◆ Exercise inputs ◆
-- ===== src/Ingestion.antt =====
-- internal/integration/adapters/kafka: what arrives from the warehouse system, and the relay of what
-- leaves for it.
pub mod Contract
pub mod Rows
pub mod Consumer
pub mod Relay
mod Examples
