-- ===== src/Ingestion/Contract.antt =====
-- integration_envelope.go, and the payload of wms_task_consumer.go with the tests of its fields.
use pda_backend.Common.{
  ℕ, String, Option, none, some, List, Bool, true, false, not, ◌&&◌, ◌||◌, ◌==◌, eqb, leb, ltb,
  if◌then◌else◌,
}
use pda_backend.Common.Text.{trim_space, to_upper}
use Prim.Native.Char.{code}

-- The fields of an envelope that are read.
pub record IntegrationEnvelope : Type 0 where
  pub event_id : String
  pub event_type : String
  pub occurred_at : String
  pub aggregate_id : String
  pub metadata_key : Option String
  pub payload : String

-- The payload of a dispatch. A quantity is a float64 that is only copied; a task version or a
-- priority below 0 is 0 here, which the code treats alike.
pub record TaskPayload (F : Type 0) : Type 0 where
  pub warehouse_task_id : String
  pub task_type : String
  pub task_version : ℕ
  pub status : String
  pub priority : ℕ
  pub site_id : String
  pub warehouse_id : String
  pub warehouse_code : String
  pub source_location_id : String
  pub source_location_code : String
  pub source_bin_id : String
  pub source_bin_code : String
  pub destination_location_id : String
  pub destination_location_code : String
  pub destination_bin_id : String
  pub destination_bin_code : String
  pub work_order_id : String
  pub work_order_code : String
  pub material_request_id : String
  pub material_request_line_id : String
  pub expected_receipt_id : String
  pub item_id : String
  pub item_code : String
  pub revision_id : String
  pub revision_code : String
  pub requested_quantity : F
  pub confirmed_quantity : F
  pub remaining_quantity : F
  pub uom_id : String
  pub uom_code : String
  pub lot_id : String
  pub lot_code : String
  pub lpn_code : String
  pub serial_numbers : List String
  pub allocations : List String
  pub scan_requirements : List String
  pub assigned_operator_id : String
  pub assigned_device_id : String
  pub correlation_id : String
  pub causation_id : String

-- `taskCategory`
unfoldable pub task_category : String → Option String
task_category task_type =
    let t = to_upper task_type in
    if t == "PICKING" || t == "STAGE_TO_PRODUCTION" || t == "ISSUE_TO_PRODUCTION"
    then some "PICKING"
    else if t == "PUTAWAY"
    then some "PUTAWAY"
    else if t == "RECEIVE_FINISHED_GOODS"
        || t == "RECEIVE_SEMI_FINISHED"
        || t == "RETURN_FROM_PRODUCTION"
    then some "RECEIVING"
    else if t == "REPLENISHMENT" || t == "TRANSFER"
    then some "REPLENISHMENT"
    else none

-- `queueStatus`; "" withdraws the task.
unfoldable pub queue_status : String → Option String
queue_status status =
    let s = to_upper status in
    if s == "CREATED"
    then some "NEW"
    else if s == "ASSIGNED" || s == "CLAIMED"
    then some "ASSIGNED"
    else if s == "IN_PROGRESS" || s == "PARTIALLY_COMPLETED"
    then some "IN_PROGRESS"
    else if s == "COMPLETED"
    then some "COMPLETED"
    else if s == "CANCELLED" || s == "FAILED"
    then some ""
    else none

unfoldable pub priority_or_default : ℕ → ℕ
priority_or_default priority = if leb priority 0 || ltb 100 priority then 5 else priority

abbrev pub starts_with_v : String → Option String
starts_with_v String.[] = none
starts_with_v (String.◌∷◌ c s) = if eqb (code c) b'v' then some s else none

-- What follows the last ".v", which strings.LastIndex finds.
unfoldable pub after_last_mark : String → Option String
after_last_mark String.[] = none
after_last_mark (String.◌∷◌ c s) =
    let later = after_last_mark s in
    elim later [ some t ↦ some t | none ↦ if eqb (code c) b'.' then starts_with_v s else none ]

-- The integer that fmt.Sscanf reads with "%d": its sign, and its absolute value.
pub record Scanned : Type 0 where
  pub is_negative : Bool
  pub magnitude : ℕ

-- `ContractVersion`, where 0 stands for an event type without a version.
unfoldable pub contract_version : (String → Option Scanned) → IntegrationEnvelope → Scanned
contract_version scan e = elim (after_last_mark e.event_type) [
  | none ↦ record { is_negative = false; magnitude = 0 }
  | some t ↦ elim (scan t) [ none ↦ record { is_negative = false; magnitude = 0 } | some n ↦ n ]
]

-- `version == 0 || version > supportedContractVersion`
unfoldable pub is_unsupported : Scanned → Bool
is_unsupported v = eqb v.magnitude 0 || (not v.is_negative && ltb 1 v.magnitude)

abbrev pub is_nonempty : Option String → Bool
is_nonempty none = false
is_nonempty (some key) = not (key == "")

abbrev pub text_or : Option String → String → String
text_or none fallback = fallback
text_or (some key) fallback = if not (key == "") then key else fallback

unfoldable pub partition_key : IntegrationEnvelope → String
partition_key e = text_or e.metadata_key e.aggregate_id

abbrev pub is_blank : String → Bool
is_blank s = trim_space s == ""

abbrev pub is_time : Option ℕ → Bool
is_time none = false
is_time (some t) = true

-- Whether `Validate` returns no error.
unfoldable pub validates : (String → Bool) → (String → Option ℕ) → IntegrationEnvelope → Bool
validates is_json parse_time e =
    not (is_blank e.event_id || is_blank e.event_type || is_blank e.payload)
    && is_json e.payload
    && (e.occurred_at == "" || is_time (parse_time e.occurred_at))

◆ Your objective ◆
Restating every entry above word for word is the whole task.

◆ Response to the exercise ◆
-- ===== src/Ingestion.antt =====
-- internal/integration/adapters/kafka: what arrives from the warehouse system, and the relay of what
-- leaves for it.
pub mod Contract
pub mod Rows
pub mod Consumer
pub mod Relay
mod Examples
-- ===== src/Ingestion/Contract.antt =====
-- integration_envelope.go, and the payload of wms_task_consumer.go with the tests of its fields.
use pda_backend.Common.{
  ℕ, String, Option, none, some, List, Bool, true, false, not, ◌&&◌, ◌||◌, ◌==◌, eqb, leb, ltb,
  if◌then◌else◌,
}
use pda_backend.Common.Text.{trim_space, to_upper}
use Prim.Native.Char.{code}

-- The fields of an envelope that are read.
pub record IntegrationEnvelope : Type 0 where
  pub event_id : String
  pub event_type : String
  pub occurred_at : String
  pub aggregate_id : String
  pub metadata_key : Option String
  pub payload : String

-- The payload of a dispatch. A quantity is a float64 that is only copied; a task version or a
-- priority below 0 is 0 here, which the code treats alike.
pub record TaskPayload (F : Type 0) : Type 0 where
  pub warehouse_task_id : String
  pub task_type : String
  pub task_version : ℕ
  pub status : String
  pub priority : ℕ
  pub site_id : String
  pub warehouse_id : String
  pub warehouse_code : String
  pub source_location_id : String
  pub source_location_code : String
  pub source_bin_id : String
  pub source_bin_code : String
  pub destination_location_id : String
  pub destination_location_code : String
  pub destination_bin_id : String
  pub destination_bin_code : String
  pub work_order_id : String
  pub work_order_code : String
  pub material_request_id : String
  pub material_request_line_id : String
  pub expected_receipt_id : String
  pub item_id : String
  pub item_code : String
  pub revision_id : String
  pub revision_code : String
  pub requested_quantity : F
  pub confirmed_quantity : F
  pub remaining_quantity : F
  pub uom_id : String
  pub uom_code : String
  pub lot_id : String
  pub lot_code : String
  pub lpn_code : String
  pub serial_numbers : List String
  pub allocations : List String
  pub scan_requirements : List String
  pub assigned_operator_id : String
  pub assigned_device_id : String
  pub correlation_id : String
  pub causation_id : String

-- `taskCategory`
unfoldable pub task_category : String → Option String
task_category task_type =
    let t = to_upper task_type in
    if t == "PICKING" || t == "STAGE_TO_PRODUCTION" || t == "ISSUE_TO_PRODUCTION"
    then some "PICKING"
    else if t == "PUTAWAY"
    then some "PUTAWAY"
    else if t == "RECEIVE_FINISHED_GOODS"
        || t == "RECEIVE_SEMI_FINISHED"
        || t == "RETURN_FROM_PRODUCTION"
    then some "RECEIVING"
    else if t == "REPLENISHMENT" || t == "TRANSFER"
    then some "REPLENISHMENT"
    else none

-- `queueStatus`; "" withdraws the task.
unfoldable pub queue_status : String → Option String
queue_status status =
    let s = to_upper status in
    if s == "CREATED"
    then some "NEW"
    else if s == "ASSIGNED" || s == "CLAIMED"
    then some "ASSIGNED"
    else if s == "IN_PROGRESS" || s == "PARTIALLY_COMPLETED"
    then some "IN_PROGRESS"
    else if s == "COMPLETED"
    then some "COMPLETED"
    else if s == "CANCELLED" || s == "FAILED"
    then some ""
    else none

unfoldable pub priority_or_default : ℕ → ℕ
priority_or_default priority = if leb priority 0 || ltb 100 priority then 5 else priority

abbrev pub starts_with_v : String → Option String
starts_with_v String.[] = none
starts_with_v (String.◌∷◌ c s) = if eqb (code c) b'v' then some s else none

-- What follows the last ".v", which strings.LastIndex finds.
unfoldable pub after_last_mark : String → Option String
after_last_mark String.[] = none
after_last_mark (String.◌∷◌ c s) =
    let later = after_last_mark s in
    elim later [ some t ↦ some t | none ↦ if eqb (code c) b'.' then starts_with_v s else none ]

-- The integer that fmt.Sscanf reads with "%d": its sign, and its absolute value.
pub record Scanned : Type 0 where
  pub is_negative : Bool
  pub magnitude : ℕ

-- `ContractVersion`, where 0 stands for an event type without a version.
unfoldable pub contract_version : (String → Option Scanned) → IntegrationEnvelope → Scanned
contract_version scan e = elim (after_last_mark e.event_type) [
  | none ↦ record { is_negative = false; magnitude = 0 }
  | some t ↦ elim (scan t) [ none ↦ record { is_negative = false; magnitude = 0 } | some n ↦ n ]
]

-- `version == 0 || version > supportedContractVersion`
unfoldable pub is_unsupported : Scanned → Bool
is_unsupported v = eqb v.magnitude 0 || (not v.is_negative && ltb 1 v.magnitude)

abbrev pub is_nonempty : Option String → Bool
is_nonempty none = false
is_nonempty (some key) = not (key == "")

abbrev pub text_or : Option String → String → String
text_or none fallback = fallback
text_or (some key) fallback = if not (key == "") then key else fallback

unfoldable pub partition_key : IntegrationEnvelope → String
partition_key e = text_or e.metadata_key e.aggregate_id

abbrev pub is_blank : String → Bool
is_blank s = trim_space s == ""

abbrev pub is_time : Option ℕ → Bool
is_time none = false
is_time (some t) = true

-- Whether `Validate` returns no error.
unfoldable pub validates : (String → Bool) → (String → Option ℕ) → IntegrationEnvelope → Bool
validates is_json parse_time e =
    not (is_blank e.event_id || is_blank e.event_type || is_blank e.payload)
    && is_json e.payload
    && (e.occurred_at == "" || is_time (parse_time e.occurred_at))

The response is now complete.